● Work instructions
For every line that contains the string "listing", pull that line out of the material below.

● Recorded information
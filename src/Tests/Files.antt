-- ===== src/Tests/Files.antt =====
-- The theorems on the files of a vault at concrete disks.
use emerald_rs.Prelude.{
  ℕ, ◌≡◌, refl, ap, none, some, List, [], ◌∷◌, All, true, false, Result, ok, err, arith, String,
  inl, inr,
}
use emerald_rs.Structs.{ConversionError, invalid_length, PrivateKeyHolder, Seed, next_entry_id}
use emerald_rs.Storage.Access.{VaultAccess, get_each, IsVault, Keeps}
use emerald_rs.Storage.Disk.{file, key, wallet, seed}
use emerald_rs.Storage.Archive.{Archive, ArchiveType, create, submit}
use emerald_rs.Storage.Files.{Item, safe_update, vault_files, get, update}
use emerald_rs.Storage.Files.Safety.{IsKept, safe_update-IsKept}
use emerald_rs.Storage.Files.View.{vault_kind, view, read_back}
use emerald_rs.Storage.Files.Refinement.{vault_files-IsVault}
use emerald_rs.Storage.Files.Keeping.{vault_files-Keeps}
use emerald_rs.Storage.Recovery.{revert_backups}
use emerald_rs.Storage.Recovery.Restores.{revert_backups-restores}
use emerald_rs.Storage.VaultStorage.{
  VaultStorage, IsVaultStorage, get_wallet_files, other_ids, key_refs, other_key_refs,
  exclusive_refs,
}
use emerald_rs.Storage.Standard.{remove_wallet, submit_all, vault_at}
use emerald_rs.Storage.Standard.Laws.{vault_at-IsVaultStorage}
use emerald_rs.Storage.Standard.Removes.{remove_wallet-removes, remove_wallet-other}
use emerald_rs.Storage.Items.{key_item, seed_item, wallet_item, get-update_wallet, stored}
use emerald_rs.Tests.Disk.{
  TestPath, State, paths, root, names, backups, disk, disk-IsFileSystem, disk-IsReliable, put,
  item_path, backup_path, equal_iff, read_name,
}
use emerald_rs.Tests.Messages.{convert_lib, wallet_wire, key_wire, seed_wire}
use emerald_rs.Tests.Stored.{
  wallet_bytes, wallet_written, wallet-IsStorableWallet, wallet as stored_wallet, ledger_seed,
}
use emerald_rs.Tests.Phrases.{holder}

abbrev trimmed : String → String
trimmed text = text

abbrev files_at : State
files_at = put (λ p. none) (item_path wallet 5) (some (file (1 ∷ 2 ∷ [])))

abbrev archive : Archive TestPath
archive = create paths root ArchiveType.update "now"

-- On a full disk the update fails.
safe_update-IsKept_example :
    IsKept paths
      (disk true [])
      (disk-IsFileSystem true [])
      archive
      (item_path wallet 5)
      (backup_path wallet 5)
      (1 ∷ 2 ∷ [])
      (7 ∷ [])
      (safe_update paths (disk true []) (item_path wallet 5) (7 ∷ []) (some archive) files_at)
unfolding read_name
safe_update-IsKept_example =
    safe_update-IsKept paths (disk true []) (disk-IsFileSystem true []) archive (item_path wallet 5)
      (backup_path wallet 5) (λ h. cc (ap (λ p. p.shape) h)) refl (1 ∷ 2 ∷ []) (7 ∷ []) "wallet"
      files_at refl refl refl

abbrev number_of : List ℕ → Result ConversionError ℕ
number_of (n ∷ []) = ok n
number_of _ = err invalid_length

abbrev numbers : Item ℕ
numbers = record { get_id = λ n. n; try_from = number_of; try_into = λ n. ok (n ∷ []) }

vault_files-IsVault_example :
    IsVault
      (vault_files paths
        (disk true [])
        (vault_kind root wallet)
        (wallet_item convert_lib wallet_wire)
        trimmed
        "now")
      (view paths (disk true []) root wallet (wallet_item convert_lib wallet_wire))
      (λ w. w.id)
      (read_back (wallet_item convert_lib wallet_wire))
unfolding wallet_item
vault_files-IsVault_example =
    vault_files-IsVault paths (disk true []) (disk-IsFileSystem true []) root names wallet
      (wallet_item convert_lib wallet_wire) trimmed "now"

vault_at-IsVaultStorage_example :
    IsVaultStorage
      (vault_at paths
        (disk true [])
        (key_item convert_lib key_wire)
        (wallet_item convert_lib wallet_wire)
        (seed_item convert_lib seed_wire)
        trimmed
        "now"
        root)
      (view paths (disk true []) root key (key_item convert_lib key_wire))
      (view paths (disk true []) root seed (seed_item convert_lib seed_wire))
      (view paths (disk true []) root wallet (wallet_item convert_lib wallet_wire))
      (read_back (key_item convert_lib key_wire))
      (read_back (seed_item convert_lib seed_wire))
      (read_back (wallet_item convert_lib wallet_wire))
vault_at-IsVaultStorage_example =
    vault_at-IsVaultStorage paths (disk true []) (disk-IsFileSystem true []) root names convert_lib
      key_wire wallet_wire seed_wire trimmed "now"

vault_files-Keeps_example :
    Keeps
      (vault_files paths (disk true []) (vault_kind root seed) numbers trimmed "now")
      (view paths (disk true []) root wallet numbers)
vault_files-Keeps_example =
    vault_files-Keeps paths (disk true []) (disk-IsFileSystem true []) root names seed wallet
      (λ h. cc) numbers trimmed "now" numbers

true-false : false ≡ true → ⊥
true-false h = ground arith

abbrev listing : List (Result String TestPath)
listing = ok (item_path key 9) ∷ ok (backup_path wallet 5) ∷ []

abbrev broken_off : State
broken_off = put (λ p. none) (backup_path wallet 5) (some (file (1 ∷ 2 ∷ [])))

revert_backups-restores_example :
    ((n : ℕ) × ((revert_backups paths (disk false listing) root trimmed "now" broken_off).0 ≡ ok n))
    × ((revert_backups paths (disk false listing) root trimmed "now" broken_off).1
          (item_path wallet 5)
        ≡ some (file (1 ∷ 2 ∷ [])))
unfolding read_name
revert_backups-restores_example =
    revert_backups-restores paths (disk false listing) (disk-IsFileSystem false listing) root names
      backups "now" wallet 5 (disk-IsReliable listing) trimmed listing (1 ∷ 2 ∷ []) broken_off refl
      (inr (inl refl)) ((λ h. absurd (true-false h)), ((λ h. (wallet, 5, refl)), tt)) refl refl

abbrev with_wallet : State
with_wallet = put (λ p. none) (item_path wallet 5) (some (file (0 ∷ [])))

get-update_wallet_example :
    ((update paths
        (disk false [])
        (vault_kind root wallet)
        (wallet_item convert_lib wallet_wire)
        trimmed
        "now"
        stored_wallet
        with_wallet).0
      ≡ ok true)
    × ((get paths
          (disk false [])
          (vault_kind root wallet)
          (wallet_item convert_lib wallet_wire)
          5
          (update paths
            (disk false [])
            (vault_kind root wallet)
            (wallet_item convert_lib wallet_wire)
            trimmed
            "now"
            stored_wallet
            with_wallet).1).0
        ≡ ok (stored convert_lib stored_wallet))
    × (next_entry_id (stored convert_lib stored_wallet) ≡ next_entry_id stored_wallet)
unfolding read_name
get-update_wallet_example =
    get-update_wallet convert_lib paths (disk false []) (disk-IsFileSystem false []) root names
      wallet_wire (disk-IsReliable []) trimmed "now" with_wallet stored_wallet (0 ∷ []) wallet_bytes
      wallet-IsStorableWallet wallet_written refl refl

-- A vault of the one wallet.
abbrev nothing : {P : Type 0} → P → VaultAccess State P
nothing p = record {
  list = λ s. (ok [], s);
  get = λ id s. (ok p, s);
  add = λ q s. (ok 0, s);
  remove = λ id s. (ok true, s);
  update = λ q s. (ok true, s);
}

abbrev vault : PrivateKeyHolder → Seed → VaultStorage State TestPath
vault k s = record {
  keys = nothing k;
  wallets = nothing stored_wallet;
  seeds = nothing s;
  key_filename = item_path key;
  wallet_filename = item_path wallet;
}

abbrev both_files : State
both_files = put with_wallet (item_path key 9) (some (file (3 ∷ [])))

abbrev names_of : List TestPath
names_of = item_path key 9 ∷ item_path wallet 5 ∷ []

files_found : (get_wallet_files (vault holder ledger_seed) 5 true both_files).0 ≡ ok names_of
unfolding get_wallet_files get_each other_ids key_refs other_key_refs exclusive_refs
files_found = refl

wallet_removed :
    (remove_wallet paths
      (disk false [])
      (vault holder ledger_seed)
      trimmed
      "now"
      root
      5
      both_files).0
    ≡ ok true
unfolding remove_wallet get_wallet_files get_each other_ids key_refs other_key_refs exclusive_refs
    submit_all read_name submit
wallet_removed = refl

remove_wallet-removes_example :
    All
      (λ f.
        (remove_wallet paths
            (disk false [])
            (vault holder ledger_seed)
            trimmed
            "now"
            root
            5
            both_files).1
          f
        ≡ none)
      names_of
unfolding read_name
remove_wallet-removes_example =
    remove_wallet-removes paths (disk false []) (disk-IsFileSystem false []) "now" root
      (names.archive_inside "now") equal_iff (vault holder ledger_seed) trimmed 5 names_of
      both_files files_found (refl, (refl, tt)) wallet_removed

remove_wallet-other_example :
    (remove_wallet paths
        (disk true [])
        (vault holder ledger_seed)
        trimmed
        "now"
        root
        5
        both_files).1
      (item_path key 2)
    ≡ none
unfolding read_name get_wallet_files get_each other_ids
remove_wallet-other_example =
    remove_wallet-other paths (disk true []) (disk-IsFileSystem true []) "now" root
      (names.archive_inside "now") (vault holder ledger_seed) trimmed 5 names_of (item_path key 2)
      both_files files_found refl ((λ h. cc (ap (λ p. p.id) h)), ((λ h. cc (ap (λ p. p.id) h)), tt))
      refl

* * *

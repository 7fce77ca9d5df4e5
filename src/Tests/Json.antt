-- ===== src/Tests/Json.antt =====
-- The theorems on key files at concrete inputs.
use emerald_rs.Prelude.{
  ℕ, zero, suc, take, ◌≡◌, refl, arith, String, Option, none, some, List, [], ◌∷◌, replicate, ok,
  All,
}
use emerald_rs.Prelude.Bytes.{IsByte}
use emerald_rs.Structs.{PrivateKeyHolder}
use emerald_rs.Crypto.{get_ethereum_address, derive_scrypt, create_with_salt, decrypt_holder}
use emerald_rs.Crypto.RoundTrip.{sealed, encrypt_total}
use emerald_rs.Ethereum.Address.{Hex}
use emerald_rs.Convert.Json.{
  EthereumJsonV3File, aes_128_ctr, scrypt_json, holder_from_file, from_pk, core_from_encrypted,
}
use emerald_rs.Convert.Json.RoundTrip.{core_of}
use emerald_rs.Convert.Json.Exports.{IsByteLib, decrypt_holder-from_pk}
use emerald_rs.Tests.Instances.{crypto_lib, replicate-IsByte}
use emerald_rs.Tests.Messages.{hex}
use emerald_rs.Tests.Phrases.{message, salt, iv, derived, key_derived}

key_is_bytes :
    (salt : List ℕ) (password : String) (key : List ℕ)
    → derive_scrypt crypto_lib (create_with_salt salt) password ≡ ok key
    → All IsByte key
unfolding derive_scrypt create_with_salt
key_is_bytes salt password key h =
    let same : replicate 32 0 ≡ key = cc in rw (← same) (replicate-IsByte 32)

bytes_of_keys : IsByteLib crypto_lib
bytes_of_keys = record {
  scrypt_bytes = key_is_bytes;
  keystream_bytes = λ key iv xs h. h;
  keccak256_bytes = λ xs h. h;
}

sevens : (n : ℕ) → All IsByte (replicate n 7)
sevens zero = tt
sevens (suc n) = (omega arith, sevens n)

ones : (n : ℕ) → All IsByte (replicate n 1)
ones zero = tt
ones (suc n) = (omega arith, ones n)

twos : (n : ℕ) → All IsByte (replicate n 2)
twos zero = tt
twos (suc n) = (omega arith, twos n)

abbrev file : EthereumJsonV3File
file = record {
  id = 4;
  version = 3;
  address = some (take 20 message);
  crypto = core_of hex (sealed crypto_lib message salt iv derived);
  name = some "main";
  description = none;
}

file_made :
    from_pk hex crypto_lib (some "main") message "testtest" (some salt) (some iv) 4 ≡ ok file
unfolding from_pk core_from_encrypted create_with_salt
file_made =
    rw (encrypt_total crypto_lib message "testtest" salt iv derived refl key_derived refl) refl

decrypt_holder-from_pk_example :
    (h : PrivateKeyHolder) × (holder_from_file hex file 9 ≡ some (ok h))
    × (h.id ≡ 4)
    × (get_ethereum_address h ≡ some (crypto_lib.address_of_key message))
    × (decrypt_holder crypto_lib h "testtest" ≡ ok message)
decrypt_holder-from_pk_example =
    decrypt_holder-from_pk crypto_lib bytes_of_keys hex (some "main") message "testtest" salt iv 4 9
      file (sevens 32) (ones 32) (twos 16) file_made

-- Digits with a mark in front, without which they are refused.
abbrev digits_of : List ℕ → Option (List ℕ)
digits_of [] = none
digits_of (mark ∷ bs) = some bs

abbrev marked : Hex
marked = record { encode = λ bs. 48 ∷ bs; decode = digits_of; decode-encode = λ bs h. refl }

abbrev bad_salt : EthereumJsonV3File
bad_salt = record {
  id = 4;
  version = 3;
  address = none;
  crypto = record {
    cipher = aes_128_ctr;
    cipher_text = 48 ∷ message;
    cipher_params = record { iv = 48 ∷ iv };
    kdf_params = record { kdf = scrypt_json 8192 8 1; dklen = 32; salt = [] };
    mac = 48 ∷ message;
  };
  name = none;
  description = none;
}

● Expected output
abbrev listing : List (Result String TestPath)
listing = ok (item_path key 9) ∷ ok (backup_path wallet 5) ∷ []
    ((n : ℕ) × ((revert_backups paths (disk false listing) root trimmed "now" broken_off).0 ≡ ok n))
    × ((revert_backups paths (disk false listing) root trimmed "now" broken_off).1
    revert_backups-restores paths (disk false listing) (disk-IsFileSystem false listing) root names
      backups "now" wallet 5 (disk-IsReliable listing) trimmed listing (1 ∷ 2 ∷ []) broken_off refl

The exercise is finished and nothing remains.